Could metformin raise mortality rates in diabetes patients?
In a new study by a Belgian research team at the University of Leuven, data from 115,896 patients using glucose lowering agents were extracted from healthcare databases to investigate the effect of these drugs on mortality. Patients treated with the different studied glucose lowering agents (metformin, insulin, sulfonylurea and combinations of these) were compared to controls matched for age, gender, heart disease risk and drug treatment for heart disease. The control population was not using glucose lowering agents. Highest 5-year mortality was found in patients treated with insulin (23.8%), followed by sulfonylurea (4.1%). Patients treated with metformin had a nonsignificant increase in 5-year mortality of 0.3%. The same trend was observed for patients with a history of heart disease. Finally, all combination therapies lead to an increase in 5-year mortality. This study confirms results from multiple previous studies, however it should be pointed out that this study also has some limitations. It is possible that patients started on metformin monotherapy are those with the mildest form of diabetes while sicker patients receive insulin, sulfonylureas or combination therapies. Another source of bias is that metformin therapy is contra-indicated for patients suffering from chronic kidney disease. So patients in this high mortality group will be found in the insulin, sulfonylurea or combination of insulin and sulfonylurea groups.

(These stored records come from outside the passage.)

-- ===== src/Pods/Safety.antt =====
-- The code of pkg/reconciler/pod.go deletes pods safely.
use aerospike_operator.Prelude.{
  ok-injective, ◌≡◌, ◌⊎◌, inl, inr, refl, sym, subst, Bool, true, false, Option, none, some, List,
  [], ◌∷◌, Text, Result, Occurs, ℤ,
}
use aerospike_operator.Action.{pure, emit, lift, ask, ◌>>=◌, for_each}
use aerospike_operator.Api.{AerospikeCluster, ApiError}
use aerospike_operator.Pods.Platform.{
  Platform, Pod, Claim, Volume, VolumeSource, claim_source, config_map_source, empty_dir,
}
use aerospike_operator.Pods.Status.{less, is_pod_in_failure_state, text_at}
use aerospike_operator.Pods.Api.{
  PodReason, watch_timeout, Api, migrations, migrated, delete_pod, info, event,
  wait_for_migrations_started, wait_for_migrations_finished, PodError, read, write, query,
  WatchEvent,
}
use aerospike_operator.Pods.Claims.{
  signal_unmounted, patch_pvc, set_pvc_annotation, last_unmounted_on_annotation,
}
use aerospike_operator.Pods.Delete.{
  run_info_command_on_pod, pod_name_at, list_cluster_pods, get_pod_with_index, node_of, find_node,
  node_id_annotation, pod_has_migrations_in_progress, wait_for_migrations_to_finish_on_pod,
  forget_host, host_of, wait_for_deletion, unmount, remove, wait_for_migrations, safe_delete,
  safe_delete_pod_with_index, is_deleted, found_pod, found_node, try_command, tip_clear,
  alumni_reset,
}
use aerospike_operator.Pods.Trace.{
  Rules, Safe, Leads, Steady, Leads-pure, Leads-raise, Leads->>=, Leads-if, Steady->>=,
  Steady-for_each,
}

module _ {p : Platform} {S : Type 0} (R : Rules p) (api : Api p S) where
  module _ {A : Type 0} (i : List (Pod p)) where
    pub read-Steady : (call : S → Result ApiError A × S) → Steady R i (read call)
    unfolding Leads
    read-Steady call s = (tt, λ a e log h. h)

    pub query-Steady : (call : S → Result Text A × S) → Steady R i (query call)
    unfolding Leads
    query-Steady call s = (tt, λ a e log h. h)

    pub ask-Steady : (call : S → A × S) → Steady R i (ask call)
    unfolding Leads
    ask-Steady call s = (tt, λ a e log h. h)

    pub lift-Steady : (r : Result PodError A) → Steady R {S = S} i (lift r)
    unfolding Leads
    lift-Steady r s = (tt, λ a e log h. h)

  pub patch_pvc-Steady : (i : List (Pod p)) (old new : Claim p) → Steady R i (patch_pvc api old new)
  unfolding patch_pvc Leads
  patch_pvc-Steady i old new s = (tt, λ a e log h. h)

  signal_unmounted-Steady :
      (i : List (Pod p)) (claim : Claim p) → Steady R i (signal_unmounted api claim)
  unfolding signal_unmounted
  signal_unmounted-Steady i claim = Steady->>= R i (ask api.now) _ (ask-Steady i api.now) (λ now.
      patch_pvc-Steady i claim
        (set_pvc_annotation claim last_unmounted_on_annotation (p.print_time now)))

  unmount-Steady : (i : List (Pod p)) (pod : Pod p) (v : Volume) → Steady R i (unmount api pod v)
  unfolding unmount
  unmount-Steady i pod v = source v.name v.source
    where
      source :
          (name : Text) (s : VolumeSource)
          → Steady R i (unmount api pod (record { name = name; source = s }))
      source name (claim_source c) =
          Steady->>= R i (read (api.get_claim pod.namespace c)) (signal_unmounted api)
            (read-Steady i (api.get_claim pod.namespace c)) (signal_unmounted-Steady i)
      source name (config_map_source c) = Leads-pure R S i tt
      source name empty_dir = Leads-pure R S i tt

  wait_for_deletion-Steady :
      (i : List (Pod p)) (l : List (WatchEvent p)) → Steady R i (wait_for_deletion api l)
  unfolding wait_for_deletion
  wait_for_deletion-Steady i [] = Leads-raise R S i (λ _. i) watch_timeout
  wait_for_deletion-Steady i (e ∷ l) =
      Leads-if R i (λ _. i) (is_deleted e) _ _ (Leads-pure R S i tt) (wait_for_deletion-Steady i l)

  delete_pod-Leads :
      (i : List (Pod p)) (pod : Pod p)
      → (is_pod_in_failure_state pod ≡ true) ⊎ Occurs pod i
      → Leads R i (λ _. []) (write (delete_pod pod) (api.remove_pod pod))
  unfolding Leads
  delete_pod-Leads i pod fit s = ((fit, tt), λ a e log h. (fit, h))

  -- A pod that has failed or was seen idle is deleted safely.
  pub remove-Leads :
      (i : List (Pod p)) (pod : Pod p)
      → (is_pod_in_failure_state pod ≡ true) ⊎ Occurs pod i
      → Leads R i (λ _. []) (remove api pod)
  unfolding remove
  remove-Leads i pod fit =
      Leads->>= R i (λ _. i) (λ _. []) (for_each pod.spec.volumes (unmount api pod)) _
        (Steady-for_each R i pod.spec.volumes (unmount api pod) (λ v _. unmount-Steady i pod v))
        (λ _.
          Leads->>= R i (λ _. []) (λ _. []) (write (delete_pod pod) (api.remove_pod pod)) _
            (delete_pod-Leads i pod fit)
            (λ _.
              Steady->>= R [] (ask (api.watch pod)) _ (ask-Steady [] (api.watch pod))
                (λ events. wait_for_deletion-Steady [] events)))

  module _ (i : List (Pod p)) where
    pub event-Steady : (reason : PodReason) → Steady R {S = S} i (emit (event reason))
    unfolding Leads
    event-Steady reason s = (tt, λ a e log h. h)

    pub info-Steady : (pod : Pod p) (command : Text) → Steady R {S = S} i (emit (info pod command))
    unfolding Leads
    info-Steady pod command s = (tt, λ a e log h. h)

    pub list_cluster_pods-Steady :
        (cluster : AerospikeCluster p.kube) → Steady R i (list_cluster_pods api cluster)
    unfolding list_cluster_pods
    list_cluster_pods-Steady cluster =
        Steady->>= R i (read (api.list_pods cluster.namespace cluster.name)) _
          (read-Steady i (api.list_pods cluster.namespace cluster.name))
          (λ pods. Leads-pure R S i (api.sort_pods less pods))

    pub get_pod_with_index-Steady :
        (cluster : AerospikeCluster p.kube) (index : ℤ)
        → Steady R i (get_pod_with_index api cluster index)
    unfolding get_pod_with_index
    get_pod_with_index-Steady cluster index =
        Steady->>= R i (ask (api.get_pod cluster.namespace (pod_name_at cluster index))) _
          (ask-Steady i (api.get_pod cluster.namespace (pod_name_at cluster index)))
          (λ answer. lift-Steady i (found_pod answer))

    node_of-Steady : (pod : Pod p) → Steady R i (node_of api pod)
    node_of-Steady pod =
        Steady->>= R i (query (api.nodes pod)) _ (query-Steady i (api.nodes pod)) (λ names.
          lift-Steady i (found_node (find_node (text_at node_id_annotation pod.annotations) names)))

    pub run_info_command_on_pod-Steady :
        (pod : Pod p) (command : Text) → Steady R i (run_info_command_on_pod api pod command)
    unfolding run_info_command_on_pod
    run_info_command_on_pod-Steady pod command =
        Steady->>= R i (emit (info pod command)) _ (info-Steady pod command)
          (λ _. query-Steady i (api.request_info pod command))

    try_command-Steady : (pod : Pod p) (command : Text) → Steady R i (try_command api pod command)
    try_command-Steady pod command =
        Steady->>= R i (emit (info pod command)) _ (info-Steady pod command) (λ _.
          Steady->>= R i (ask (api.request_info pod command)) _
            (ask-Steady i (api.request_info pod command)) (λ answer. Leads-pure R S i tt))

    forget_host-Steady : (host : Text) (pod : Pod p) → Steady R i (forget_host api host pod)
    unfolding forget_host
    forget_host-Steady host pod =
        Steady->>= R i (try_command api pod (tip_clear host)) _
          (try_command-Steady pod (tip_clear host)) (λ _. try_command-Steady pod alumni_reset)

  -- The pods that the answer about migrations shows to be idle.
  abbrev idle_after : Pod p → Bool → List (Pod p)
  idle_after pod true = []
  idle_after pod false = pod ∷ []

  asked-Leads :
      (pod : Pod p) (b : Bool)
      → Leads R {S = S} [] (idle_after pod) (emit (migrations pod b) >>= (λ _. pure b))
  unfolding Leads
  asked-Leads pod true s =
      (tt, λ a e log h. subst (λ x. Safe R (idle_after pod x) log) (sym (ok-injective e)) h)
  asked-Leads pod false s =
      (tt, λ a e log h. subst (λ x. Safe R (idle_after pod x) log) (sym (ok-injective e)) h)

  pod_has_migrations_in_progress-Leads :
      (pod : Pod p) → Leads R [] (idle_after pod) (pod_has_migrations_in_progress api pod)
  unfolding pod_has_migrations_in_progress
  pod_has_migrations_in_progress-Leads pod =
      Leads->>= R [] (λ _. []) (idle_after pod) (node_of api pod) _ (node_of-Steady [] pod)
        (λ name.
          Leads->>= R [] (λ _. []) (idle_after pod) (query (api.migration_in_progress pod name)) _
            (query-Steady [] (api.migration_in_progress pod name)) (asked-Leads pod))

  migrated-Leads : (pod : Pod p) → Leads R {S = S} [] (λ _. pod ∷ []) (emit (migrated pod))
  unfolding Leads
  migrated-Leads pod s = (tt, λ a e log h. h)

  wait_for_migrations_to_finish_on_pod-Leads :
      (pod : Pod p) → Leads R [] (λ _. pod ∷ []) (wait_for_migrations_to_finish_on_pod api pod)
  unfolding wait_for_migrations_to_finish_on_pod
  wait_for_migrations_to_finish_on_pod-Leads pod =
      Leads->>= R [] (λ _. []) (λ _. pod ∷ []) (node_of api pod) _ (node_of-Steady [] pod)
        (λ name.
          Leads->>= R [] (λ _. []) (λ _. pod ∷ []) (query (api.wait_until_migrated pod name)) _
            (query-Steady [] (api.wait_until_migrated pod name)) (λ _. migrated-Leads pod))

  wait_for_migrations-Leads :
      (pod : Pod p) (b : Bool)
      → Leads R (idle_after pod b) (λ _. pod ∷ []) (wait_for_migrations api pod b)
  unfolding wait_for_migrations
  wait_for_migrations-Leads pod false = Leads-pure R S (pod ∷ []) tt
  wait_for_migrations-Leads pod true =
      Leads->>= R [] (λ _. []) (λ _. pod ∷ []) (emit (event wait_for_migrations_started)) _
        (event-Steady [] wait_for_migrations_started)
        (λ _.
          Leads->>= R [] (λ _. pod ∷ []) (λ _. pod ∷ [])
            (wait_for_migrations_to_finish_on_pod api pod) _
            (wait_for_migrations_to_finish_on_pod-Leads pod)
            (λ _. event-Steady (pod ∷ []) wait_for_migrations_finished))

  pub safe_delete-Steady :
      (cluster : AerospikeCluster p.kube) (found : Option (Pod p))
      → Steady R [] (safe_delete api cluster found)
  unfolding safe_delete
  safe_delete-Steady cluster none = Leads-pure R S [] tt
  safe_delete-Steady cluster (some pod) =
      Leads->>= R [] (idle_after pod) (λ _. []) (pod_has_migrations_in_progress api pod) _
        (pod_has_migrations_in_progress-Leads pod)
        (λ b.
          Leads->>= R (idle_after pod b) (λ _. pod ∷ []) (λ _. []) (wait_for_migrations api pod b) _
            (wait_for_migrations-Leads pod b)
            (λ _.
              Leads->>= R (pod ∷ []) (λ _. []) (λ _. []) (remove api pod) _
                (remove-Leads (pod ∷ []) pod (inr (inl refl)))
                (λ _.
                  Steady->>= R [] (list_cluster_pods api cluster) _
                    (list_cluster_pods-Steady [] cluster)
                    (λ pods.
                      Steady-for_each R [] pods _
                        (λ q _. forget_host-Steady [] (host_of cluster pod.name) q)))))

  pub safe_delete_pod_with_index-Steady :
      (cluster : AerospikeCluster p.kube) (index : ℤ)
      → Steady R [] (safe_delete_pod_with_index api cluster index)
  unfolding safe_delete_pod_with_index
  safe_delete_pod_with_index-Steady cluster index =
      Steady->>= R [] (get_pod_with_index api cluster index) _
        (get_pod_with_index-Steady [] cluster index) (safe_delete-Steady cluster)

However, there was also a recent opinion piece published in the British Medical Journal (BMJ) that pointed out several methodological shortcomings in the UK Prospective Diabetes Study. The authors refer to a meta-analysis of randomized controlled studies that they published in 2012 in PLoS Medicine that found no benefit of metformin therapy in reducing mortality in type 2 diabetes. The problem with most randomized controlled trials included in this meta-analysis is that they were never intended to study mortality. Rather most trials included were short term, intended to compare the efficacy of metformin to other glucose lowering treatments. The longest term study included in their meta-analysis was the UK Prospective Diabetes Study lasting over 10 years and this one showed a reduction in mortality. The shortest studies included were two studies lasting just 4 months, a period that is highly unlikely to yield any effect on mortality. A further limitation is that both of these short studies compared the combination of metformin with sulfonylurea with sulfonylurea alone. As we saw in the new Belgian study, the beneficial effects of metformin seem to disappear when metformin is combined with sulfonylurea treatment. Another noteworthy study used in their meta-analysis is the COSMIC trial. This is the trial with the highest number of subjects studied, 7227 participants in the metformin arm. In this trial metformin reduced mortality, although with a follow-up of only 1 year this trial is also very short.

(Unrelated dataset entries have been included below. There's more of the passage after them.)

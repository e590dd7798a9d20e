-- ===== src/Pods/Storage.antt =====
-- The storage that createPodWithIndex of pkg/reconciler/pod.go adds to a pod for each namespace.
use mathlib.Core.List.{append_assoc, append-nil}
use aerospike_operator.Pods.Create.{add_volumes, claim_of}
use aerospike_operator.Action.Returns.{
  Returns, Returns->>=, Returns-any, Returns-pure, Returns-lift, Returns-map,
}
use aerospike_operator.Action.{lift}
use aerospike_operator.Prelude.{
  ◌∙◌, ap, subst, ◌≡◌, ◌⊎◌, inl, inr, refl, sym, Bool, true, false, List, [], ◌∷◌, ◌++◌, Text,
  codes, text_eq, text_eq_iff, ok, err, ℕ, suc, ok-injective, if◌then◌else◌,
}
use aerospike_operator.Api.{AerospikeCluster, AerospikeNamespaceSpec}
use aerospike_operator.Reconciler.Types.{ConfigMap}
use aerospike_operator.Pods.Platform.{Platform, Pod, PodSpec, Claim, Volume}
use aerospike_operator.Pods.Status.{text_at}
use aerospike_operator.Pods.Api.{Effect, Api, PodError}
use aerospike_operator.Pods.Claims.{get_index_based_device_path}
use aerospike_operator.Pods.Spec.{config_map_hash_annotation, add_storage, add_claim, volume_name}
use aerospike_operator.Pods.Shape.{volume_for, Provides, Bare, Shaped}

snoc_append :
    {A : Type 0} (made old new later : List A) (x : A)
    → made ≡ new ++ later
    → new ≡ old ++ x ∷ []
    → made ≡ old ++ x ∷ later
snoc_append made old new later x e f = e ∙ ap (λ l. l ++ later) f ∙ append_assoc old (x ∷ []) later

module _ {p : Platform} where
  -- What the storage of a namespace with this index changes in the spec of a pod.
  abbrev Stored : ℕ → AerospikeNamespaceSpec → PodSpec p → PodSpec p → Type 0
  Stored n ns spec new =
      (new.image ≡ spec.image)
      × (new.volumes ≡ spec.volumes)
      × (((ns.storage.type ≡ codes "device")
            × (new.volume_devices
                ≡ spec.volume_devices ++ (volume_name ns.name, get_index_based_device_path n) ∷ [])
            × (new.volume_mounts ≡ spec.volume_mounts))
          ⊎ ((ns.storage.type ≡ codes "file")
              × (new.volume_devices ≡ spec.volume_devices)
              × (new.volume_mounts
                  ≡ spec.volume_mounts
                    ++ (volume_name ns.name, codes "/opt/aerospike/data/" ++ ns.name) ∷ [])))

  one_of :
      (P : PodSpec p → Type 0) (b c : Bool) (x y new : PodSpec p) (error : PodError)
      → (if b then ok x else if c then ok y else err error) ≡ ok new
      → (b ≡ true → P x)
      → (c ≡ true → P y)
      → P new
  one_of P true c x y new error e h g = subst P (ok-injective e) (h refl)
  one_of P false true x y new error e h g = subst P (ok-injective e) (g refl)
  one_of P false false x y new error e h g = absurd (cc)

  add_storage-Stored :
      (n : ℕ) (ns : AerospikeNamespaceSpec) (spec new : PodSpec p)
      → add_storage n ns spec ≡ ok new
      → Stored n ns spec new
  unfolding add_storage
  add_storage-Stored n ns spec new e =
      one_of (Stored n ns spec) (text_eq ns.storage.type (codes "device"))
        (text_eq ns.storage.type (codes "file")) _ _ new _ e
        (λ d. (refl, refl, inl ((text_eq_iff ns.storage.type (codes "device")).0 d, refl, refl)))
        (λ f. (refl, refl, inr ((text_eq_iff ns.storage.type (codes "file")).0 f, refl, refl)))

  -- What the namespaces, from this index on, change in a pod.
  abbrev Extends : ℕ → List AerospikeNamespaceSpec → Pod p → Pod p → Type 0
  Extends n l pod made =
      (made.name ≡ pod.name)
      × (made.namespace ≡ pod.namespace)
      × (made.labels ≡ pod.labels)
      × (made.annotations ≡ pod.annotations)
      × (made.spec.image ≡ pod.spec.image)
      × ((volumes : List Volume) × (devices : List (Text × Text)) × (mounts : List (Text × Text))
          × (made.spec.volumes ≡ pod.spec.volumes ++ volumes)
          × (made.spec.volume_devices ≡ pod.spec.volume_devices ++ devices)
          × (made.spec.volume_mounts ≡ pod.spec.volume_mounts ++ mounts)
          × Provides p n l volumes devices mounts)

  one_more :
      (n : ℕ) (ns : AerospikeNamespaceSpec) (l : List AerospikeNamespaceSpec) (claim : Claim p)
      (pod made : Pod p) (spec : PodSpec p)
      → Stored n ns pod.spec spec
      → Extends (suc n) l (record pod { spec = add_claim claim spec }) made
      → Extends n (ns ∷ l) pod made
  unfolding add_claim
  one_more n ns l claim pod made spec (image, same, inl (type, devices, mounts))
        (a, b, c, d, kept, (vs, ds, ms, v, dv, mn, rest)) =
      (
        a,
        b,
        c,
        d,
        kept ∙ image,
        (
          _ ∷ vs,
          _ ∷ ds,
          ms,
          snoc_append made.spec.volumes pod.spec.volumes _ vs (volume_for claim) v
              (ap (λ x. x ++ volume_for claim ∷ []) same),
          snoc_append made.spec.volume_devices pod.spec.volume_devices _ ds _ dv devices,
          mn ∙ ap (λ x. x ++ ms) mounts,
          (claim, vs, ds, refl, inl (type, refl, rest)),
        ),
      )
  one_more n ns l claim pod made spec (image, same, inr (type, devices, mounts))
        (a, b, c, d, kept, (vs, ds, ms, v, dv, mn, rest)) =
      (
        a,
        b,
        c,
        d,
        kept ∙ image,
        (
          _ ∷ vs,
          ds,
          _ ∷ ms,
          snoc_append made.spec.volumes pod.spec.volumes _ vs (volume_for claim) v
              (ap (λ x. x ++ volume_for claim ∷ []) same),
          dv ∙ ap (λ x. x ++ ds) devices,
          snoc_append made.spec.volume_mounts pod.spec.volume_mounts _ ms _ mn mounts,
          (claim, vs, ms, refl, inr (type, refl, rest)),
        ),
      )

module _ {p : Platform} {S : Type 0} (cluster : AerospikeCluster p.kube) (config_map : ConfigMap)
    (api : Api p S) where
  add_volumes-Extends :
      (recreate : Bool) (n : ℕ) (l : List AerospikeNamespaceSpec) (pod : Pod p)
      → Returns (Extends n l pod) (add_volumes api cluster recreate n l pod)
  unfolding add_volumes
  add_volumes-Extends recreate n [] pod =
      Returns-pure S (Effect p) PodError (Extends n [] pod) pod (
        refl,
        refl,
        refl,
        refl,
        refl,
        (
          [],
          [],
          [],
          sym (append-nil _),
          sym (append-nil _),
          sym (append-nil _),
          (refl, refl, refl),
        ),
      )
  add_volumes-Extends recreate n (ns ∷ l) pod =
      Returns->>= (λ _. Unit) _ (claim_of api cluster pod recreate ns) _
        (Returns-any (claim_of api cluster pod recreate ns))
        (λ claim _.
          Returns->>= (Stored n ns pod.spec) _ (lift (add_storage n ns pod.spec)) _
            (Returns-lift S (Effect p) PodError _ (add_storage n ns pod.spec)
              (add_storage-Stored n ns pod.spec))
            (λ spec stored.
              Returns-map (Extends (suc n) l (record pod { spec = add_claim claim spec }))
                (Extends n (ns ∷ l) pod)
                (add_volumes api cluster recreate (suc n) l
                  (record pod { spec = add_claim claim spec }))
                (λ made. one_more n ns l claim pod made spec stored)
                (add_volumes-Extends recreate (suc n) l
                  (record pod { spec = add_claim claim spec }))))

  extended :
      (name : Text) (l : List AerospikeNamespaceSpec) (pod made : Pod p)
      → Bare cluster config_map name pod
      → Extends 0 l pod made
      → Shaped cluster config_map name l made
  extended name l pod made ((named, space, labels, hash, image), vols, devs, mnts)
        (a, b, c, d, kept, (vs, ds, ms, v, dv, mn, rest)) =
      (
        (
          a ∙ named,
          b ∙ space,
          c ∙ labels,
          ap (text_at config_map_hash_annotation) d ∙ hash,
          kept ∙ image,
        ),
        (
          vs,
          ms,
          v ∙ ap (λ x. x ++ vs) vols,
          mn ∙ ap (λ x. x ++ ms) mnts,
          subst (λ x. Provides p 0 l vs x ms) (sym (dv ∙ ap (λ x. x ++ ds) devs)) rest,
        ),
      )

  -- The namespaces add their storage to a pod that has none.
  pub add_volumes-Shaped :
      (name : Text) (recreate : Bool) (l : List AerospikeNamespaceSpec) (pod : Pod p)
      → Bare cluster config_map name pod
      → Returns (Shaped cluster config_map name l) (add_volumes api cluster recreate 0 l pod)
  add_volumes-Shaped name recreate l pod bare =
      Returns-map (Extends 0 l pod) (Shaped cluster config_map name l)
        (add_volumes api cluster recreate 0 l pod) (λ made. extended name l pod made bare)
        (add_volumes-Extends recreate 0 l pod)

A positive effect on your microbiome
A few years ago, David Gems and colleagues showed that metformin extended the lifespan of roundworms by influencing the metabolism of bacteria that live inside the gut and also serve as the food source for the worm. In a new paper published in Nature, researchers show that metformin also influences the bacteria living in the human gut of people with type 2 diabetes. The production of health-promoting short-chain fatty acids by gut bacteria is increased in patients taking metformin. On the downside, metformin also increases the abundance of Escherichia species and this could possibly explain some of the side effects observed during metformin therapy.
Despite the fact that metformin is approaching its 60th birthday the drug continues to be a fascinating research topic.